A skill that iterates on a plan until it stops improving

@goodalexander described a harness a friend of his built: it makes a plan, then improves it over and over until the plan can't easily be improved. You hit a top score where further iterations are just noise, and a stronger model can "break the previous ceiling pretty aggressively." That framing is too good not to build, so I turned it into a Claude Code skill you can drop in and use.

The core idea is to stop treating a plan as something you write once and start treating it as something you search for. Generating a plan and judging a plan use different muscles. If you force an explicit critique in between each rewrite, blind editing turns into directed search that climbs toward a target instead of drifting sideways.

The loop

plan        = generate the initial plan
best        = plan
best_score  = score(plan)            # 0-100, against a rubric

repeat:
    candidate = improve(best)        # critique, then targeted rewrite
    s         = score(candidate)
    if s > best_score + MARGIN:      # require a real margin, not noise
        best, best_score = candidate, s
until plateau                        # no real gain over the last few rounds
return best

Four parts do all the work, and the order matters.

The rubric comes first, and it's the ceiling. Before writing a single line of the plan, you write down what "good" means: weighted criteria like goal clarity, completeness, sequencing, feasibility, risks and mitigations, success metrics, and specificity, adapted to the actual task. The loop can only climb as high as the rubric can see. A vague rubric gives you a low, noisy ceiling, so this is where the effort goes. Prefer criteria you can check against something objective ("does every phase have an exit condition?") over pure taste, because objective criteria are harder to game.

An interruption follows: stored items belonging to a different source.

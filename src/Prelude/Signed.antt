-- ===== src/Prelude/Signed.antt =====
-- Numbers with a common denominator: an integer as a difference of two natural numbers, which stands
-- for its value in units of that denominator.
use Prim.Native.Nat.{ℕ, ◌+◌, ◌-◌, ◌≤◌}
use mathlib.Core.Bool.{Bool}
use azkaban_private.Prelude.Tests.{ltb, leb, ◌==◌, if◌then◌else◌}

pub record Signed : Type 0 where
  pub plus : ℕ
  pub minus : ℕ

abbrev pub whole : ℕ → Signed
whole n = record { plus = n; minus = 0 }

infixl 65 ◌⊕◌ ◌⊖◌
infix 50 ◌⊑◌
abbrev pub ◌⊕◌ : Signed → Signed → Signed
a ⊕ b = record { plus = a.plus + b.plus; minus = a.minus + b.minus }

abbrev pub ◌⊖◌ : Signed → Signed → Signed
a ⊖ b = record { plus = a.plus + b.minus; minus = a.minus + b.plus }

-- The first is at most the second.
abbrev pub ◌⊑◌ : Signed → Signed → Type 0
a ⊑ b = a.plus + b.minus ≤ b.plus + a.minus

-- `a < b`
abbrev pub below : Signed → Signed → Bool
below a b = ltb (a.plus + b.minus) (b.plus + a.minus)

-- `a == b`
abbrev pub equals : Signed → Signed → Bool
equals a b = a.plus + b.minus == b.plus + a.minus

-- The distance of two numbers: `Math.abs(a - b)`.
abbrev pub distance : Signed → Signed → ℕ
distance a b =
    if leb (a.plus + b.minus) (b.plus + a.minus)
    then b.plus + a.minus - (a.plus + b.minus)
    else a.plus + b.minus - (b.plus + a.minus)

The improver critiques before it rewrites. "Make it better" produces lateral drift. Instead: list the specific weaknesses against the rubric, ordered by how much they cost, then write a new version that fixes the top ones while keeping what already scored well.

Scoring needs a margin. Scores are noisy, so you only accept a new best if it beats the old one by a real margin, not by half a point. Otherwise you'll happily "improve" your way into a worse plan. Re-reading the original rubric every few rounds catches the other failure mode, where rewrites quietly start optimizing for the score instead of the goal.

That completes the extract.